車在田再醒來的時候發現自己在一堵城牆邊睡著,身體還是有點發麻,應該是觸電後的身體反應。車在田仔細想了想還是沒有想明白到底自己是怎麼到這裏來的,隻能記得自己是觸電了,然後就暈了。至於暈倒前聽到那個奇怪的聲音說實話他也沒怎麼聽明白說的是什麼,就被他理解為幻聽了。

休息了一下車在田覺得基本上恢複了,慢慢的坐了起來,四周看了看。背後事高高的城牆,前麵有些農田,但是田裏種的東西自己不認識,還有些草地有些樹木,但是看不到其他的建築物。

車在田摸了摸身上,錢包還在,裏麵的錢啊、卡啊之類的也都在。手機也在,看了看沒信號,時間顯示是半夜兩點半,但是看看高高掛在天上的太陽,車在田認為手機多半是壞了。也是啊,那麼強的電流通過身上,自己這個山寨機不壞才奇怪了。其他的香煙、打火機、鑰匙還有才給老板的老婆買的藥也一樣都不少,全都在。

車在田知道再想也不明白自己到底是在哪裏了,幹脆也就不想了,爬起來沿著城牆往前走。
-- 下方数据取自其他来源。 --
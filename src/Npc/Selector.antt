-- ===== src/Npc/Selector.antt =====
-- npc/selector.go: `ServerList`. An address is a byte string; the resolvers of the package net and the
-- random number are parameters. The lock leaves no trace: each method runs alone.
pub mod Picked
use gomcpack.Prelude.{
  ℕ, Bool, true, false, Option, none, some, List, [], ◌∷◌, ◌||◌, length, get_elem?, ◌==◌,
  if◌then◌else◌,
}
use gomcpack.Go.{Go, done, panic, runtime_error, Error, no_servers, Returns, ok, err}
use gomcpack.Go.Slice.{Bytes}

-- `strings.Contains(server, "/")`
unfoldable pub has_slash : Bytes → Bool
has_slash [] = false
has_slash (x ∷ s) = x == b'/' || has_slash s

-- `if err != nil { return err }; naddr[i] = addr`, in front of what the following turns give.
abbrev pub put_address : Returns Bytes → Returns (List Bytes) → Returns (List Bytes)
put_address (err e) rest = err e
put_address (ok addr) (err e) = err e
put_address (ok addr) (ok addrs) = ok (addr ∷ addrs)

-- `net.ResolveUnixAddr` and `net.ResolveTCPAddr`.
module _ (unix tcp : Bytes → Returns Bytes) where
  unfoldable pub resolve : Bytes → Returns Bytes
  resolve server = if has_slash server then unix server else tcp server

  -- The loop of `SetServers`: the addresses in the order of the servers, or the first error.
  unfoldable pub resolve_all : List Bytes → Returns (List Bytes)
  resolve_all [] = ok []
  resolve_all (server ∷ servers) =
      let rest = resolve_all servers in put_address (resolve server) rest

  -- `ss.SetServers(servers)`: the error, and `ss.addrs` afterwards.
  unfoldable pub set_servers : List Bytes → List Bytes → Option Error × List Bytes
  set_servers servers old = elim (resolve_all servers) [
    | err e ↦ (some e, old)
    | ok addrs ↦ (none, addrs)
  ]

-- `addrs[i]`
unfoldable pub address : List Bytes → ℕ → Go (Returns Bytes)
address addrs i = elim (get_elem? addrs i) [ none ↦ panic runtime_error | some a ↦ done (ok a) ]

-- `ss.PickServer()` with `rand.Int63n`.
unfoldable pub pick_server : (ℕ → ℕ) → List Bytes → Go (Returns Bytes)
unfolding address
pick_server int63n addrs =
    if length addrs == 0
    then done (err no_servers)
    else (if length addrs == 1 then address addrs 0 else address addrs (int63n (length addrs)))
反正這看著也不像是長城,有城牆了就總該有城門吧,總能找著個人問問。按他的估計自己是被誰丟到某個影視基地了,不然現在哪裏還有這麼高的城牆啊?雖然知道自己住的城市附近沒這樣的地方,但是也不知道自己暈了多久,所以想不明白的事情就不想事車在田通常的處理方式。